Gıdanın stratejik bir silah gibi kullanılacağını unutmamalıyız. Gelecek için üreticimize sahip çıkmamız gerekiyor. Pandemi nedeniyle ticaretin birçok alanında sınırlamaların hüküm sürdüğü bu yılın ilk çeyreğinde yüzde 7 büyüdüğümüz açıklandı. Vatandaş işsizken kim büyüdü? İşsizlik, rekor seviyeye ulaşmış ve can alıcı hale gelmiştir. İşsizlik ve yolsuzluk sebebiyle gerçekleşen olaylar, toplumsal vicdanımızda onarılmaz yaralar açmaktadır.
Bugün devlette yargı, yürütmenin emrindedir. Basın, büyük baskı altındadır. Üniversiteler susturulmuş, sendikalar ve sivil toplum kuruluşları karar ve uygulama süreçlerinden yok sayılmış ve dışlanmıştır. Bu nedenle eşitlik, özgürlük ve demokrasiden ödün vermeden ekonomik gelişmeyi sağlamak ve toplumsal refahı yaygınlaştırmak için bilime, bilgiye, birikime dayalı açık ve dürüst, şeffaf bir devlet yönetimi oluşturmak zorundayız. Dil, din, ırk, cinsiyet, mezhep ayrımcılığını reddetmek, düşünce ve inanç özgürlüğünü savunmak, demokrasinin temel unsurudur. Hiçbir ayrım ve ayrımcılık yapmadan tüm yurttaşlarımızın kültürünü ve inançlarını korumak, güçlendirmek ve yaşatmak bizlerin görevidir.

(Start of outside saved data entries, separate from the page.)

-- ===== src/Engine/Table.antt =====
-- `HashMap::get` after `HashMap::insert`, for the tables keyed by a module's name.
use bouclier_bleu.Base.{
  ◌≡◌, refl, ap, false, some, List, [], ◌∷◌, text_eq, text_eq_iff, text_eq_refl, if◌then◌else◌,
  Text, inl, inr, Bool-cases,
}
use bouclier_bleu.Engine.{get, insert}

module _ {ℓ} {V : Type ℓ} where
  pub get-insert_same :
      (key : Text) (v : V) (t : List (Text × V)) → get key (insert key v t) ≡ some v
  unfolding get insert
  get-insert_same key v [] = rw (text_eq_refl key) refl
  get-insert_same key v ((k, w) ∷ rest) = elim (Bool-cases (text_eq k key)) [
    | inl here ↦ rw here (rw (text_eq_refl key) refl)
    | inr later ↦ rw later (rw later (get-insert_same key v rest))
  ]

  pub get-insert_other :
      (key : Text) (v : V) (j : Text) (t : List (Text × V))
      → text_eq key j ≡ false
      → get j (insert key v t) ≡ get j t
  unfolding get insert
  get-insert_other key v j [] h = rw h refl
  get-insert_other key v j ((k, w) ∷ rest) h = elim (Bool-cases (text_eq k key)) [
    | inl here ↦
        let missed : text_eq k j ≡ false = rw ((text_eq_iff k key).0 here) h in
        rw here (rw (h, missed) refl)
    | inr later ↦
        rw later (ap (λ o. if text_eq k j then some w else o) (get-insert_other key v j rest h))
  ]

“Türkiye’ye deva olacağız”
Kadınlara, gençlere ve çocuklara gereken önemi ve değeri vermeden Cumhuriyetimizin kazanımlarını savunmak, geliştirmek özgür, laik ve çağdaş demokrasiyi yaşatmak olanaksızdır. DEVA Partisi; kadınlara, gençlere inanan, güvenen onlara sevgi ve saygıyla yaklaşan çocuklarımızı geleceğimiz olarak gören, toplumun her kesimine kucak açan çoğulcu bir partidir. Bugün yeni seçilecek arkadaşımızla birlikte Türkiye’nin huzuru, barışı, kardeşliği ve refahı için mücadele etmeye burada hep birlikte söz veriyoruz.
Bu mücadelemizde çiftçimizin alın terinin heba olmasına izin vermeyeceğiz. Köylümüzün, çiftçimizin alın teri soğumadan emeğinin karşılığını alması için çalışacağız. Ülkemizi tarımda kendi kendine yeten ihracat yapan güçlü bir konuma taşıyacağız. ‘Köylü, milletin efendisidir’ diyen Mustafa Kemal Atatürk’ün izinde köylümüzün, çiftçimizin hak ettiği refaha, huzura ulaşması için mücadele edeceğiz. Ödemiş’e deva olacağız, İzmir’e deva olacağız, Türkiye’ye deva olacağız. Partimiz; Ödemiş’e, İzmir’e, Türkiye’ye deva olsun!” ifadelerini kullandı.
DEVA Partisi Ödemiş İlçe Başkanı Halil Karakaş da partinin bayrağını Ödemiş’te en güzel şekilde dalgalandıracaklarını belirterek, “DEVA Partisi Ödemiş İlçe Teşkilatı olarak yeni yönetimimizi oluşturmanın büyük mutluluğu içindeyiz” dedi.